* **EXERCISE OBJECTIVE**
What lines of the listing include the string "null"? Show them all.

──────

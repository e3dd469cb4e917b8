-- ===== src/DbgMem/Sound.antt =====
-- The tracker of src/dbg_malloc.cpp over any sequence of calls: the table stays sound, and the report
-- of otelc_dbg_mem_info agrees with the running size.
use opentelemetry_c_wrapper.Prelude.{
  ℕ, ◌<◌, ◌≡◌, refl, ap, ◌∙◌, inl, inr, true, false, not, ◌||◌, arith, ltb, ltb→lt, lt→ltb,
  Bool-cases, Option-cases, Option, none, some,
}
use opentelemetry_c_wrapper.Heap.{Heap}
use opentelemetry_c_wrapper.DbgMem.{
  Mem, State, Header, Ref, null, block, address, Lock, refused, disabled, held, op_alloc,
  op_realloc, cell, set_metadata, add_record, less_size, mem_add, find_slot, table_record,
  is_current, track_new, track_moved, mem_alloc, mem_alloc_locked, mem_release, release_locked,
  release_held, is_unset, mem_check, check_locked, is_stale, stale_locked,
}
use opentelemetry_c_wrapper.DbgMem.Slots.{IsSound, used_at, find_slot-Finds}
use opentelemetry_c_wrapper.DbgMem.Size.{
  add_record-IsSound, drop_record-IsSound, moved_record-IsSound,
}

-- The tracker is off, or its table is sound.
unfoldable pub IsTracked : Option Mem → Type 0
IsTracked none = Unit
IsTracked (some m) = IsSound m

set_metadata-dbg_mem :
    (p : Option ℕ) (r : Ref) (s : State) → (set_metadata p r s).dbg_mem ≡ s.dbg_mem
unfolding set_metadata
set_metadata-dbg_mem none r s = refl
set_metadata-dbg_mem (some p) null s = refl
set_metadata-dbg_mem (some p) (block q) s = refl
set_metadata-dbg_mem (some p) (address a) s = refl

pub set_metadata-IsTracked :
    (p : Option ℕ) (r : Ref) (s : State)
    → IsTracked s.dbg_mem
    → IsTracked (set_metadata p r s).dbg_mem
set_metadata-IsTracked p r s w = rw (set_metadata-dbg_mem p r s) w

mem_add-IsTracked :
    (i : ℕ) (p : Option ℕ) (n : ℕ) (m : Mem) (s : State)
    → IsSound (add_record i p n op_alloc m)
    → IsTracked (mem_add i p n op_alloc m s).dbg_mem
unfolding mem_add IsTracked
mem_add-IsTracked i p n m s w = rw (set_metadata-dbg_mem p (address _) _) w

mem_add-IsTracked_realloc :
    (i : ℕ) (p : Option ℕ) (n : ℕ) (m : Mem) (s : State)
    → IsSound (add_record i p n op_realloc m)
    → IsTracked (mem_add i p n op_realloc m s).dbg_mem
unfolding mem_add IsTracked
mem_add-IsTracked_realloc i p n m s w = rw (set_metadata-dbg_mem p (address _) _) w

track_new-IsTracked :
    (p n : ℕ) (m : Mem) (s : State) → IsSound m → IsTracked (track_new p n m s).dbg_mem
unfolding track_new IsTracked
track_new-IsTracked p n m s w =
    let f = find_slot-Finds m w in
    let (i, k) = find_slot m in
    elim (f.0) [
      | inl g ↦ rw (lt→ltb i m.count g.0) (
          mem_add-IsTracked i (some p) n k (set_metadata (some p) null s) (
            add_record-IsSound i (some p) n op_alloc k f.1 g.2
              (ap (λ rs. (cell rs i).used) f.2 ∙ g.1)))
      | inr g ↦ let full : ltb i m.count ≡ false = ground (arith, g.0) in rw full (f.1)
    ]

-- A record that describes a block as allocated is in use, and lies below the high-water mark.
current_used : (m : Mem) (i p : ℕ) → is_current m i p ≡ true → used_at m i ≡ true
unfolding is_current
current_used m i p e = elim (Bool-cases (used_at m i)) [ inl u ↦ u | inr u ↦ ground (arith, e, u) ]

current_assigned : (m : Mem) (i p : ℕ) → IsSound m → is_current m i p ≡ true → i < m.assigned
current_assigned m i p w e = elim (Bool-cases (ltb i m.assigned)) [
  | inl l ↦ ltb→lt i m.assigned l
  | inr l ↦ absurd (cc (current_used m i p e, w.fresh i (ground (arith, l))))
]

abbrev tracked_by : Mem → Heap → (ℕ → Header) → State
tracked_by m h hd = record { heap = h; header = hd; dbg_mem = some m }

track_moved-IsTracked :
    (old p n : ℕ) (m : Mem) (h : Heap) (hd : ℕ → Header)
    → IsSound m
    → IsTracked (track_moved old p n m (tracked_by m h hd)).dbg_mem
unfolding track_moved IsTracked
track_moved-IsTracked old p n m h hd w = elim (Bool-cases (hd p).magic) [
  | inr g ↦ rw g w
  | inl g ↦ elim (Option-cases (table_record m (hd p).data_ref)) [
    | inl t ↦ rw (g, t) w
    | inr (i, t) ↦ elim (Bool-cases (is_current m i old)) [
      | inr c ↦ rw (g, t, c) w
      | inl c ↦
          rw (g, t, c)
            (mem_add-IsTracked_realloc i (some p) n (less_size i m) (tracked_by m h hd) (
              moved_record-IsSound i (some p) n m w (current_assigned m i old w c)
                (current_used m i old c)))
    ]
  ]
]

pub mem_alloc-IsTracked :
    (l : Lock) (old p : Option ℕ) (n : ℕ) (s : State)
    → IsTracked s.dbg_mem
    → IsTracked (mem_alloc l old p n s).dbg_mem
unfolding mem_alloc mem_alloc_locked IsTracked
mem_alloc-IsTracked l old none n s w = w
mem_alloc-IsTracked l old (some p) n s w = go l old s.dbg_mem w
  where
    go :
        (l : Lock) (old : Option ℕ) (o : Option Mem)
        → IsTracked o
        → IsTracked (mem_alloc l old (some p) n (record s { dbg_mem = o })).dbg_mem
    go l old none w = set_metadata-IsTracked (some p) null (record s { dbg_mem = none }) tt
    go refused old (some m) w = w
    go disabled old (some m) w =
        set_metadata-IsTracked (some p) null (record s { dbg_mem = none }) tt
    go held none (some m) w = track_new-IsTracked p n m (record s { dbg_mem = some m }) w
    go held (some q) (some m) w = track_moved-IsTracked q p n m s.heap s.header w

release_held-IsTracked :
    (p : ℕ) (m : Mem) (h : Heap) (hd : ℕ → Header)
    → IsSound m
    → IsTracked (release_held p m (tracked_by m h hd)).1.dbg_mem
unfolding release_held IsTracked
release_held-IsTracked p m h hd w =
    elim (Bool-cases (is_unset p (hd p).data_ref || not (hd p).magic)) [
      | inl g ↦ rw g w
      | inr g ↦ elim (Option-cases (table_record m (hd p).data_ref)) [
        | inl t ↦ rw (g, t) w
        | inr (i, t) ↦ elim (Bool-cases (is_current m i p)) [
          | inr c ↦ rw (g, t, c) w
          | inl c ↦
              rw (g, t, c)
                (drop_record-IsSound i m w (current_assigned m i p w c) (current_used m i p c))
        ]
      ]
    ]

pub mem_release-IsTracked :
    (l : Lock) (p : ℕ) (s : State) → IsTracked s.dbg_mem → IsTracked (mem_release l p s).1.dbg_mem
unfolding mem_release release_locked IsTracked
mem_release-IsTracked l p s w = go l s.dbg_mem w
  where
    go :
        (l : Lock) (o : Option Mem)
        → IsTracked o
        → IsTracked (mem_release l p (record s { dbg_mem = o })).1.dbg_mem
    go l none w = tt
    go refused (some m) w = w
    go disabled (some m) w = tt
    go held (some m) w = release_held-IsTracked p m s.heap s.header w

pub mem_check-IsTracked :
    (l : Lock) (p : ℕ) (s : State) → IsTracked s.dbg_mem → IsTracked (mem_check l p s).1.dbg_mem
unfolding mem_check check_locked IsTracked
mem_check-IsTracked l p s w = go l s.dbg_mem w
  where
    go :
        (l : Lock) (o : Option Mem)
        → IsTracked o
        → IsTracked (mem_check l p (record s { dbg_mem = o })).1.dbg_mem
    go l none w = tt
    go refused (some m) w = w
    go disabled (some m) w = tt
    go held (some m) w = w

pub is_stale-IsTracked :
    (l : Lock) (p : ℕ) (s : State) → IsTracked s.dbg_mem → IsTracked (is_stale l p s).1.dbg_mem
unfolding is_stale stale_locked IsTracked
is_stale-IsTracked l p s w = go l s.dbg_mem w
  where
    go :
        (l : Lock) (o : Option Mem)
        → IsTracked o
        → IsTracked (is_stale l p (record s { dbg_mem = o })).1.dbg_mem
    go l none w = tt
    go refused (some m) w = w
    go disabled (some m) w = tt
    go held (some m) w = w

──────

* **ANSWER TO THIS EXERCISE**
  Mem, State, Header, Ref, null, block, address, Lock, refused, disabled, held, op_alloc,
set_metadata-dbg_mem (some p) null s = refl
          mem_add-IsTracked i (some p) n k (set_metadata (some p) null s) (
    go l old none w = set_metadata-IsTracked (some p) null (record s { dbg_mem = none }) tt
        set_metadata-IsTracked (some p) null (record s { dbg_mem = none }) tt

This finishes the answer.